Several limitations concern the adopted measures. First, while the internal consistency of supportive peer relationships at Level 2 was adequate, it was only marginally acceptable at the individual level. To account for measurement error, latent measurement models could, for example, be specified at the individual level in future studies. Second, the measure of perceived multicultural education, which was based on a single-item indicator, poses another limitation (e.g., Loo, 2002). Reliability estimates of class-average ratings [i.e., ICC(2)] furthermore remained clearly below the recommended threshold. Besides these psychometric limitations, conceptually broader indicators should be applied in future studies.

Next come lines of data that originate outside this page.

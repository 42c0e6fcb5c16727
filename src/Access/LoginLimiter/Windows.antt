-- ===== src/Access/LoginLimiter/Windows.antt =====
-- The attempts of a key that are still in its window, through every piece of `reserve` in
-- ui/backend/login_rate_limit.py.
use bestteam.Shared.{
  ℕ, ◌≤◌, max, Option, none, some, List, [], ◌∷◌, length, ◌≡◌, inl, inr, refl, subst, ◌∙◌,
  if◌then◌else◌, arith, Bool-cases, Option-cases,
}
use bestteam.Shared.Equality.{◌==◌, string_eq, ==-self}
use bestteam.Shared.Dict.{Dict, lookup, lookup-put, lookup-remove}
use bestteam.Access.LoginLimiter.{
  Key, key_eq, key_beq_iff, Config, drop_expired, store_pruned, nonempty, prune_found, prune,
  wait_of, check_keys, prune_all,
}

-- A missing key has no attempts.
abbrev pub attempts : Option (List ℕ) → List ℕ
attempts none = []
attempts (some w) = w

abbrev pub window_of : Key → Dict Key (List ℕ) → List ℕ
window_of key d = attempts (lookup key d)

pub window_of-store :
    (key j : Key) (w : List ℕ) (d : Dict Key (List ℕ))
    → window_of j (store_pruned key w d) ≡ (if key == j then w else window_of j d)
unfolding store_pruned
window_of-store key j [] d = rw (lookup-remove key j d) (ground arith)
window_of-store key j (t ∷ ts) d = rw (lookup-put key j (t ∷ ts) d) (ground arith)

module _ (cfg : Config) where
  -- The attempts of `key` that count at `now`.
  abbrev pub live_window : ℕ → Key → Dict Key (List ℕ) → List ℕ
  live_window now key d = drop_expired cfg now (window_of key d)

  pub drop_expired-again :
      (now : ℕ) (w : List ℕ)
      → drop_expired cfg now (drop_expired cfg now w) ≡ drop_expired cfg now w
  unfolding drop_expired
  drop_expired-again now [] = refl
  drop_expired-again now (t ∷ ts) = ground (arith, drop_expired-again now ts)

  nothing : (now : ℕ) → [] ≡ drop_expired cfg now []
  unfolding drop_expired
  nothing now = refl

  pub length-drop_expired-le : (now : ℕ) (w : List ℕ) → length (drop_expired cfg now w) ≤ length w
  unfolding drop_expired
  length-drop_expired-le now [] = omega arith
  length-drop_expired-le now (t ∷ ts) = ground (arith, length-drop_expired-le now ts)

  -- A prune leaves what counts at `now` alone, for every key.
  pub window_of-prune :
      (key j : Key) (now : ℕ) (d : Dict Key (List ℕ))
      → window_of j (prune cfg key now d).0
        ≡ (if key == j then live_window now j d else window_of j d)
  unfolding prune
  window_of-prune key j now d = elim (Bool-cases (key == j)) [
    | inl same ↦
        subst
          (λ k.
            window_of k (prune cfg key now d).0
            ≡ (if key == k then live_window now k d else window_of k d))
          ((key_beq_iff key j).0 same) (own (lookup key d) refl)
    | inr other ↦ rw other (elim (Option-cases (lookup key d)) [
      | inl e ↦ rw (e, prune_found) refl
      | inr (w, e) ↦
          rw (e, prune_found) (window_of-store key j (drop_expired cfg now w) d ∙ rw other refl)
    ])
  ]
    where
      own :
          (o : Option (List ℕ))
          → lookup key d ≡ o
          → window_of key (prune_found cfg key now (lookup key d) d).0
            ≡ (if key == key then live_window now key d else window_of key d)
      own none e = rw (e, prune_found, ==-self key) (rw e (nothing now))
      own (some w) e =
          rw (e, prune_found, ==-self key)
            (window_of-store key key (drop_expired cfg now w) d ∙ rw (==-self key) refl)

  prune-result :
      (key : Key) (now : ℕ) (d : Dict Key (List ℕ))
      → (prune cfg key now d).1 ≡ nonempty (live_window now key d)
  unfolding prune drop_expired
  prune-result key now d = elim (Option-cases (lookup key d)) [
    | inl e ↦ rw (e, prune_found) refl
    | inr (w, e) ↦ rw (e, prune_found) refl
  ]

  pub live_window-prune :
      (key j : Key) (now : ℕ) (d : Dict Key (List ℕ))
      → live_window now j (prune cfg key now d).0 ≡ live_window now j d
  live_window-prune key j now d = rw (window_of-prune key j now d) (elim (Bool-cases (key == j)) [
    | inl same ↦ rw same (drop_expired-again now (window_of j d))
    | inr other ↦ rw other refl
  ])

  window_of-prune-le :
      (key j : Key) (now : ℕ) (d : Dict Key (List ℕ))
      → length (window_of j (prune cfg key now d).0) ≤ length (window_of j d)
  window_of-prune-le key j now d = rw (window_of-prune key j now d) (elim (Bool-cases (key == j)) [
    | inl same ↦ rw same (length-drop_expired-le now (window_of j d))
    | inr other ↦ rw other (omega arith)
  ])

  pub live_window-prune_all :
      (keys : List Key) (j : Key) (now : ℕ) (d : Dict Key (List ℕ))
      → live_window now j (prune_all cfg keys now d) ≡ live_window now j d
  unfolding prune_all
  live_window-prune_all [] j now d = refl
  live_window-prune_all (key ∷ keys) j now d =
      live_window-prune_all keys j now (prune cfg key now d).0 ∙ live_window-prune key j now d

  pub window_of-prune_all-le :
      (keys : List Key) (j : Key) (now : ℕ) (d : Dict Key (List ℕ))
      → length (window_of j (prune_all cfg keys now d)) ≤ length (window_of j d)
  unfolding prune_all
  window_of-prune_all-le [] j now d = omega arith
  window_of-prune_all-le (key ∷ keys) j now d = omega (
    arith,
    window_of-prune_all-le keys j now (prune cfg key now d).0,
    window_of-prune-le key j now d,
  )

  pub live_window-check :
      (keys : List Key) (j : Key) (now : ℕ) (d : Dict Key (List ℕ))
      → live_window now j (check_keys cfg keys now d).0 ≡ live_window now j d
  unfolding check_keys
  live_window-check [] j now d = refl
  live_window-check (key ∷ keys) j now d =
      live_window-check keys j now (prune cfg key now d).0 ∙ live_window-prune key j now d

  pub window_of-check-le :
      (keys : List Key) (j : Key) (now : ℕ) (d : Dict Key (List ℕ))
      → length (window_of j (check_keys cfg keys now d).0) ≤ length (window_of j d)
  unfolding check_keys
  window_of-check-le [] j now d = omega arith
  window_of-check-le (key ∷ keys) j now d =
      omega (
        arith,
        window_of-check-le keys j now (prune cfg key now d).0,
        window_of-prune-le key j now d,
      )

  -- The first key's window is pruned when the loop is over.
  abbrev pub wait_at : ℕ → Dict Key (List ℕ) → Key → ℕ
  wait_at now d key = wait_of cfg key now (nonempty (live_window now key d))

  abbrev pub worst_wait : List Key → ℕ → Dict Key (List ℕ) → ℕ
  worst_wait [] now d = 0
  worst_wait (key ∷ keys) now d = max (wait_at now d key) (worst_wait keys now d)

  worst_wait-prune :
      (keys : List Key) (key : Key) (now : ℕ) (d : Dict Key (List ℕ))
      → worst_wait keys now (prune cfg key now d).0 ≡ worst_wait keys now d
  worst_wait-prune [] key now d = refl
  worst_wait-prune (k ∷ keys) key now d =
      rw (live_window-prune key k now d, worst_wait-prune keys key now d) refl

  -- The loop's result is the longest wait of any of the keys.
  pub check_keys-worst :
      (keys : List Key) (now : ℕ) (d : Dict Key (List ℕ))
      → (check_keys cfg keys now d).1 ≡ worst_wait keys now d
  unfolding check_keys
  check_keys-worst [] now d = refl
  check_keys-worst (key ∷ keys) now d =
      rw
        (
          prune-result key now d,
          check_keys-worst keys now (prune cfg key now d).0,
          worst_wait-prune keys key now d,
        )
        refl
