-- ===== src/PollServer/Balance.antt =====
-- No connection of socket/poll/poll.cpp gets lost or is kept twice by the parts of a round.
use codespaces_blank.Prelude.{
  ℕ, zero, suc, ◌+◌, ◌-◌, ◌≤◌, ◌<◌, ◌≡◌, refl, ap, ◌∙◌, true, ◌==◌, List, [], ◌∷◌, arith, inl, inr,
  if◌then◌else◌, ltb, length, get_or, set, get_or-set_ne, get_or-set_self, ℕ_discrete, total,
  total-append,
}
use codespaces_blank.PollServer.{
  PollFd, watched, unset, Server, Call, accepted, closed, sent, drop_connection, add_connection,
  read_from, write_to, to_write, to_read,
}
use codespaces_blank.PollServer.Ends.{sum, sum-set_out, sum-last}

pub sum-set :
    (w : PollFd → ℕ) (l : List PollFd) (j : ℕ) (v : PollFd) (i k : ℕ)
    → i ≤ j
    → j < i + k
    → j < length l
    → sum w (set l j v) i k + w (get_or l j unset) ≡ sum w l i k + w v
sum-set w l j v i zero a b h = absurd (omega arith)
sum-set w l j v i (suc k) a b h = elim (ℕ_discrete i j) [
  | yes e ↦ rw e (
      omega (
        arith,
        ap w (get_or-set_self l j v unset h),
        sum-set_out w l j v (j + 1) k (inl (omega arith)),
      ))
  | no ne ↦ omega (
    arith,
    sum-set w l j v (i + 1) k (omega arith) (omega arith) h,
    ap w (get_or-set_ne l {i = j} {j = i} v unset (omega arith)),
  )
]

-- Whether the entry is for descriptor `x`, and what the log says of that.
abbrev pub is_for : ℕ → PollFd → ℕ
is_for x e = if e.fd == x then 1 else 0

abbrev pub closes : ℕ → Call → ℕ
closes x (closed fd) = if fd == x then 1 else 0
closes x _ = 0

abbrev pub accepts : ℕ → Call → ℕ
accepts x (accepted fd) = if fd == x then 1 else 0
accepts x _ = 0

-- How often `x` is among the descriptors in use.
abbrev pub held : ℕ → Server → ℕ
held x s = sum (is_for x) s.fds 0 s.used

-- The descriptors in use change by what is accepted and what is closed.
abbrev pub IsBalanced : ℕ → Server → Server → Type 0
IsBalanced x s t =
    held x t + total (closes x) t.log + total (accepts x) s.log
    ≡ held x s + total (closes x) s.log + total (accepts x) t.log

module _ (x : ℕ) (s : Server) (room : s.used ≤ length s.fds) where
  pub drop-IsBalanced : (i : ℕ) → i < s.used → IsBalanced x s (drop_connection i s)
  unfolding drop_connection
  drop-IsBalanced i h =
      let e = get_or s.fds i unset in
      let last = get_or s.fds (s.used - 1) unset in
      let r : s.used ≡ suc (s.used - 1) = omega arith in
      let all = ap (sum (is_for x) s.fds 0) r ∙ sum-last (is_for x) s.fds 0 (s.used - 1) in
      let q : 0 + (s.used - 1) ≡ s.used - 1 = omega arith in
      let named = ap (λ n. is_for x (get_or s.fds n unset)) q in
      let c = total-append (closes x) s.log (closed e.fd ∷ []) in
      let a = total-append (accepts x) s.log (closed e.fd ∷ []) in
      elim (ℕ_discrete i (s.used - 1)) [
        | yes at_end ↦ omega (
          arith,
          all,
          named,
          c,
          a,
          ap (λ n. is_for x (get_or s.fds n unset)) at_end,
          sum-set_out (is_for x) s.fds i last 0 (s.used - 1) (inr (omega arith)),
        )
        | no before ↦ omega (
          arith,
          all,
          named,
          c,
          a,
          sum-set (is_for x) s.fds i last 0 (s.used - 1) (omega arith) (omega arith) (omega arith),
        )
      ]

  pub add-IsBalanced : (conn : ℕ) → s.used < length s.fds → IsBalanced x s (add_connection conn s)
  unfolding add_connection
  add-IsBalanced conn free =
      let fits : ltb s.used (length s.fds) ≡ true = ground arith in
      let r : s.used + 1 ≡ suc s.used = omega arith in
      let q : 0 + s.used ≡ s.used = omega arith in
      let l = set s.fds s.used (watched conn) in
      rw fits (
        omega (
          arith,
          ap (sum (is_for x) l 0) r ∙ sum-last (is_for x) l 0 s.used,
          ap (λ n. is_for x (get_or l n unset)) q,
          ap (is_for x) (get_or-set_self s.fds s.used (watched conn) unset free),
          sum-set_out (is_for x) s.fds s.used (watched conn) 0 s.used (inr (omega arith)),
          total-append (closes x) s.log (accepted conn ∷ []),
          total-append (accepts x) s.log (accepted conn ∷ []),
        ))

  set-IsBalanced :
      (i : ℕ) (e : PollFd)
      → i < s.used
      → e.fd ≡ (get_or s.fds i unset).fd
      → sum (is_for x) (set s.fds i e) 0 s.used ≡ held x s
  set-IsBalanced i e h same = omega (
    arith,
    sum-set (is_for x) s.fds i e 0 s.used (omega arith) (omega arith) (omega arith),
    ap {B = ℕ} (λ k. if k == x then 1 else 0) same,
  )

  pub read-IsBalanced : (i : ℕ) (bytes : List ℕ) → i < s.used → IsBalanced x s (read_from i bytes s)
  unfolding read_from
  read-IsBalanced i [] h = refl
  read-IsBalanced i (b ∷ bs) h =
      omega (arith, set-IsBalanced i (to_write (get_or s.fds i unset)) h refl)

  pub write-IsBalanced : (i : ℕ) → i < s.used → IsBalanced x s (write_to i s)
  unfolding write_to
  write-IsBalanced i h =
      let e = get_or s.fds i unset in
      omega (
        arith,
        set-IsBalanced i (to_read e) h refl,
        total-append (closes x) s.log (sent e.fd (s.mapdata e.fd) ∷ []),
        total-append (accepts x) s.log (sent e.fd (s.mapdata e.fd) ∷ []),
      )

Apart from addressing cultural topics, educational strategies that foster students’ critical thinking or discuss discrimination and racism could be included as well (for an overview see Verkuyten & Thijs, 2013). Third, negative attitudes toward immigrants were assessed with an explicit measure and might therefore underlie a certain bias due to students’ external or internal motivation to respond without prejudice (Plant & Devine, 1998). Although similar indicators were used in previous studies (e.g., Miklikowska et al., 2021), more research comparing explicit and implicit measures of intergroup attitudes among adolescents is needed to gain a thorough understanding of processes causing and maintaining negative attitudes toward immigrants (see, for example, Ewoldsen, 2020).

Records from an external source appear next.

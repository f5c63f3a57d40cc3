-- ===== src/PollServer/Rounds.antt =====
-- What a round of socket/poll/poll.cpp does to the connections, and to the end of its array.
use codespaces_blank.Prelude.{
  ℕ, ◌+◌, ◌-◌, ◌≤◌, ◌<◌, ◌≡◌, ◌⊎◌, refl, ◌||◌, ◌&&◌, ◌==◌, List, [], ◌∷◌, arith, some, none, Option,
  inl, inr, Bool-cases, if◌then◌else◌, ltb, length, get_or, length-set, total, total-append,
}
use codespaces_blank.PollServer.{
  PollFd, SendResult, watched, unset, Server, Answer, Call, accepted, closed, sent, stray_write,
  drop_connection, add_connection, read_from, write_to, to_write, to_read, ok, reset, failed, round,
  accept_round, read_round, write_round,
}
use codespaces_blank.PollServer.Balance.{
  accepts, IsBalanced, drop-IsBalanced, add-IsBalanced, read-IsBalanced, write-IsBalanced,
}

abbrev pub strays : Call → ℕ
strays (stray_write i) = 1
strays _ = 0

-- The array holds all that is counted, and connections are balanced.
abbrev pub IsKept : ℕ → Server → Server → Type 0
IsKept x s t =
    IsBalanced x s t × (t.used ≤ length t.fds) × (total strays t.log ≡ total strays s.log)

-- A round keeps the connections, or stores behind the end of the array.
abbrev pub Keeps : ℕ → Server → Option (ℕ × Server) → Type 0
Keeps x s none = Unit
Keeps x s (some r) = IsKept x s r.1 ⊎ (total strays s.log < total strays r.1.log)

module _ (x : ℕ) (s : Server) (room : s.used ≤ length s.fds) where
  drop-IsKept : (i : ℕ) → i < s.used → IsKept x s (drop_connection i s)
  unfolding drop_connection
  drop-IsKept i h = (
    drop-IsBalanced x s room i h,
    omega (arith, length-set s.fds i (get_or s.fds (s.used - 1) unset)),
    omega (arith, total-append strays s.log (closed (get_or s.fds i unset).fd ∷ [])),
  )

  add-Keeps :
      (conn : ℕ)
      → IsKept x s (add_connection conn s)
        ⊎ (total strays s.log < total strays (add_connection conn s).log)
  unfolding add_connection
  add-Keeps conn = elim (Bool-cases (ltb s.used (length s.fds))) [
    | inl fits ↦
        let free : s.used < length s.fds = ground arith in
        inl (
          add-IsBalanced x s room conn free,
          omega (arith, free, length-set s.fds s.used (watched conn)),
          rw fits (omega (arith, total-append strays s.log (accepted conn ∷ []))),
        )
    | inr full ↦ inr (
        rw full
          (omega (arith, total-append strays s.log (accepted conn ∷ stray_write s.used ∷ []))))
  ]

  read-IsKept : (i : ℕ) (bytes : List ℕ) → i < s.used → IsKept x s (read_from i bytes s)
  unfolding read_from
  read-IsKept i [] h = (refl, room, refl)
  read-IsKept i (b ∷ bs) h = (
    read-IsBalanced x s room i (b ∷ bs) h,
    omega (arith, length-set s.fds i (to_write (get_or s.fds i unset))),
    refl,
  )

  write-IsKept : (i : ℕ) → i < s.used → IsKept x s (write_to i s)
  unfolding write_to
  write-IsKept i h =
      let e = get_or s.fds i unset in
      (
        write-IsBalanced x s room i h,
        omega (arith, length-set s.fds i (to_read e)),
        omega (arith, total-append strays s.log (sent e.fd (s.mapdata e.fd) ∷ [])),
      )

-- What holds of the outcome of each branch holds of the outcome of the round.
pub round-cases :
    (Good : Option (ℕ × Server) → Type 0) (listenfd : ℕ) (a : Answer) (i : ℕ) (s : Server)
    → Good (some (i, drop_connection i s))
    → Good (accept_round i s a.accept)
    → Good (read_round i s a.recv)
    → Good (write_round i s a.send)
    → Good (some (i + 1, s))
    → Good (round listenfd a i s)
unfolding round
round-cases Good listenfd a i s dropped accepts reads writes same =
    elim (Bool-cases (e.revents.pollrdhup || e.revents.pollerr)) [
      | inl gone ↦ rw gone dropped
      | inr there ↦ rw there (elim (Bool-cases ((e.fd == listenfd) && e.revents.pollin)) [
        | inl listens ↦ rw listens accepts
        | inr other ↦ rw other (elim (Bool-cases e.revents.pollin) [
          | inl ready ↦ rw ready reads
          | inr quiet ↦ rw quiet (elim (Bool-cases e.revents.pollout) [
            | inl writable ↦ rw writable writes
            | inr idle ↦ rw idle same
          ])
        ])
      ])
    ]
  where
    e : PollFd
    e = get_or s.fds i unset

pub round-Keeps :
    (x listenfd : ℕ) (a : Answer) (i : ℕ) (s : Server)
    → i < s.used
    → s.used ≤ length s.fds
    → Keeps x s (round listenfd a i s)
round-Keeps x listenfd a i s h room =
    round-cases (Keeps x s) listenfd a i s (inl (drop-IsKept x s room i h)) (adds a.accept)
      (reads a.recv) (writes a.send) (inl (refl, room, refl))
  where
    adds : (r : Option ℕ) → Keeps x s (accept_round i s r)
    adds none = tt
    adds (some conn) = add-Keeps x s room conn

    reads : (r : Option (List ℕ)) → Keeps x s (read_round i s r)
    reads none = tt
    reads (some bytes) = inl (read-IsKept x s room i bytes h)

    writes : (r : SendResult) → Keeps x s (write_round i s r)
    writes ok = inl (write-IsKept x s room i h)
    writes reset = inl (refl, room, refl)
    writes failed = tt

-- The log only grows.
abbrev pub Grows : Server → Option (ℕ × Server) → Type 0
Grows s none = Unit
Grows s (some r) = total strays s.log ≤ total strays r.1.log

pub round-Grows : (listenfd : ℕ) (a : Answer) (i : ℕ) (s : Server) → Grows s (round listenfd a i s)
unfolding drop_connection add_connection read_from write_to
round-Grows listenfd a i s =
    round-cases (Grows s) listenfd a i s
      (omega (arith, total-append strays s.log (closed (get_or s.fds i unset).fd ∷ [])))
      (adds a.accept) (reads a.recv) (writes a.send) (omega arith)
  where
    adds : (r : Option ℕ) → Grows s (accept_round i s r)
    adds none = tt
    adds (some conn) = omega (
      arith,
      total-append strays s.log
          (accepted conn ∷ (if ltb s.used (length s.fds) then [] else stray_write s.used ∷ [])),
    )

    reads : (r : Option (List ℕ)) → Grows s (read_round i s r)
    reads none = tt
    reads (some []) = omega arith
    reads (some (b ∷ bs)) = omega arith

    writes : (r : SendResult) → Grows s (write_round i s r)
    writes ok =
        let e = get_or s.fds i unset in
        omega (arith, total-append strays s.log (sent e.fd (s.mapdata e.fd) ∷ []))
    writes reset = omega arith
    writes failed = tt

Finally, several characteristics of the data set need to be pointed out: The study was conducted in the federal state of Thuringia in Germany, which is culturally a rather homogenous region (with currently approx. 7% of the population being of immigrant descent). Although this shows that school experiences matter for adolescents’ intergroup attitudes even in the absence of cultural diversity, research from other regions is needed to test for the generalizability of these findings. Another limitation relates to the year of data collection, which dates back to 2003–2005. Although the considered region in Germany is still characterized by low levels of cultural diversity, immigration has increased in recent years. While a general trend toward more tolerant attitudes toward diversity could be observed over the past decades, political polarization rose at the same time (Follmer et al., 2018). Voices critical of immigration, for example, became distinctively louder in the aftermath of swiftly increased numbers of refugees across Europe in 2015 and, concurrently, right-wing populist parties experienced a significant rise in support (Steinmayr, 2021). To better understand such macrocontextual processes, it would be interesting for future studies to account for the potential workings of societal processes, such as the salience of migration-related issues, and its impact on youth’s attitudes toward immigrants.

Conclusion

Just as societies become increasingly diverse, strategies aimed at fostering positive intergroup attitudes are needed. This also applies to regions characterized by low levels of cultural diversity and thus limited opportunities for cross-cultural contact. Adolescence is a sensitive period for the development of intergroup attitudes. This development is shaped by experiences in proximal socialization contexts, such as schools. The findings of the present study show that school experiences, such as a democratic classroom climate or supportive relations to classmates, can help reduce the risk of prejudice development. At the same time, they also point at the necessity of accounting for the multilevel nature of the school context and individual student characteristics, such as age. By providing opportunities to learn about social interaction and democratic processes these findings emphasize, once again, that schools matter in youth’s socio-political development.